### YOUR TASK:
Beneath this instruction is a listing; print exactly the lines in it starting at the line that contains "abbrev pub enqueue" and going through the line that contains "abbrev keep_some : Option".

### RECORDS SUPPLIED:
▼

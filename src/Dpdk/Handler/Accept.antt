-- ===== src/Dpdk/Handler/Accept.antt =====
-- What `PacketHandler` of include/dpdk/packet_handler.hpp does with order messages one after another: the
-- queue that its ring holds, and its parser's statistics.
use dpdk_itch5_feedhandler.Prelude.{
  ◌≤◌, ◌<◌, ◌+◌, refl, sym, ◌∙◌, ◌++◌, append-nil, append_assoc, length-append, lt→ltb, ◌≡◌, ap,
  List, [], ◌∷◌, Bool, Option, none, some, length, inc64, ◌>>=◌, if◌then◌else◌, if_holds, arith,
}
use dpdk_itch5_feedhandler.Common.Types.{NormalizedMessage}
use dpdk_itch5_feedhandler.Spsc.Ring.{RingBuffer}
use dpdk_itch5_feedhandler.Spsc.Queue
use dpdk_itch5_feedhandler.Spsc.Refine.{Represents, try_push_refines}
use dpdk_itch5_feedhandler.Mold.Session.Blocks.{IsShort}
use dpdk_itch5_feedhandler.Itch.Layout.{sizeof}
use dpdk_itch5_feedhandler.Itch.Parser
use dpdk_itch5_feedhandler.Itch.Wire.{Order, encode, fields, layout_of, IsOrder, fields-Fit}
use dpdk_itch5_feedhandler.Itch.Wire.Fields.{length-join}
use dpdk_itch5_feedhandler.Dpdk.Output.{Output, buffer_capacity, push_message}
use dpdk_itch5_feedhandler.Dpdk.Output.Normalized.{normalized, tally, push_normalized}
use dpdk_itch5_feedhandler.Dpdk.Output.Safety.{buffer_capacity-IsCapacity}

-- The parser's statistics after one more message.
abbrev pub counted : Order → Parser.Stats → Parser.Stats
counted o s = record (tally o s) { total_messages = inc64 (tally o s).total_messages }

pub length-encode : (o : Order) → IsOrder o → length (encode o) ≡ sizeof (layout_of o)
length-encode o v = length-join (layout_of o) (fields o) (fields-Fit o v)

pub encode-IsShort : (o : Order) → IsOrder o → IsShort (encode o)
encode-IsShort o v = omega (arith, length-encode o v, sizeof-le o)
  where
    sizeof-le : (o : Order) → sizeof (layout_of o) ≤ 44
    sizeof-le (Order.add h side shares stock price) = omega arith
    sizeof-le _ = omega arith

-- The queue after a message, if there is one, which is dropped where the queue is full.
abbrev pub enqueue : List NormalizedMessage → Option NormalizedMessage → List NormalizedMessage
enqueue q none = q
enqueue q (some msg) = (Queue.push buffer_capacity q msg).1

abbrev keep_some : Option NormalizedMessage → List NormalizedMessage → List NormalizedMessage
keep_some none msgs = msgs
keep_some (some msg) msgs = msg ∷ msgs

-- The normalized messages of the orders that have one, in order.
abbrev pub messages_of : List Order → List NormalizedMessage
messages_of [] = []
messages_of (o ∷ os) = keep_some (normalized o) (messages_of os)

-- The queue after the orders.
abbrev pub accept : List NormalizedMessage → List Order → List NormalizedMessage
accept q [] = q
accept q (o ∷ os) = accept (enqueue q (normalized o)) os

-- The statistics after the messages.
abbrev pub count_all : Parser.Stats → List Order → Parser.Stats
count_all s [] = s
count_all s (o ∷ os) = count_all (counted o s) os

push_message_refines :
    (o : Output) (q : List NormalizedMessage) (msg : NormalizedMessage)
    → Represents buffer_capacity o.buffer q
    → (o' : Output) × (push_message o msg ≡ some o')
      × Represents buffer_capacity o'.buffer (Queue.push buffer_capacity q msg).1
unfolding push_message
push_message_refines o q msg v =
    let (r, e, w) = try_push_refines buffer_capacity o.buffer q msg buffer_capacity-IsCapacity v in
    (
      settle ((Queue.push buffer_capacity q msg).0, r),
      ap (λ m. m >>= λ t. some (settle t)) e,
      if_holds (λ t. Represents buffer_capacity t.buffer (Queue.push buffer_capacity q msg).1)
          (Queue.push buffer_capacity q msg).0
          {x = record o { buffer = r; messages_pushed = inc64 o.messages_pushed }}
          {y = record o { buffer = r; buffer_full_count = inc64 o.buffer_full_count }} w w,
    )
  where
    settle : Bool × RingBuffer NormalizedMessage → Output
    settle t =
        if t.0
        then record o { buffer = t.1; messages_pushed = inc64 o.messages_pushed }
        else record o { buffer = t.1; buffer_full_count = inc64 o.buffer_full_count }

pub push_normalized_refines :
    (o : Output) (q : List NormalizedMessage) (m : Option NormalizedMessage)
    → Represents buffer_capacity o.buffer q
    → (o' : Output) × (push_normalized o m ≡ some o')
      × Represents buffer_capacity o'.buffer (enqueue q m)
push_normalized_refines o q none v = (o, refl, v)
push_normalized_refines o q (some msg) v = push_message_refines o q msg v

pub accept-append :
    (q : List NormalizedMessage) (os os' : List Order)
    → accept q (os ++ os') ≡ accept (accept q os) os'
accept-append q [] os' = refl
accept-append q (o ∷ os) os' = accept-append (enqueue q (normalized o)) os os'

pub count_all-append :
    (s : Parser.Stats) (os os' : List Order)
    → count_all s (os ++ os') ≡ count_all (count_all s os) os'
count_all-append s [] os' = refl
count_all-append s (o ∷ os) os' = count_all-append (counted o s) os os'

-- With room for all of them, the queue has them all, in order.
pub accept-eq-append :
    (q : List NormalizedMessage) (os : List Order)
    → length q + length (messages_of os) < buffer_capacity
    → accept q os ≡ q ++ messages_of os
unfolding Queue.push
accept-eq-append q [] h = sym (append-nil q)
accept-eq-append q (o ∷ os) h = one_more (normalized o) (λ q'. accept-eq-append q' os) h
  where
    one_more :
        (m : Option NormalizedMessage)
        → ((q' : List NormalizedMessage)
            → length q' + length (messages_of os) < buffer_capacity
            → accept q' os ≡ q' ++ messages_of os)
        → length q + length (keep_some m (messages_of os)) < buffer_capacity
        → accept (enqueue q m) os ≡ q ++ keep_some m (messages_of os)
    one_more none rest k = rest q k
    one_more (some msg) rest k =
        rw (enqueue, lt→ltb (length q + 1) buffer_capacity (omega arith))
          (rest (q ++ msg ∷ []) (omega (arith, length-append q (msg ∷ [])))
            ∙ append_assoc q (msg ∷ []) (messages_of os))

▲

### EXERCISE RESULT:
abbrev pub enqueue : List NormalizedMessage → Option NormalizedMessage → List NormalizedMessage
enqueue q none = q
enqueue q (some msg) = (Queue.push buffer_capacity q msg).1

abbrev keep_some : Option NormalizedMessage → List NormalizedMessage → List NormalizedMessage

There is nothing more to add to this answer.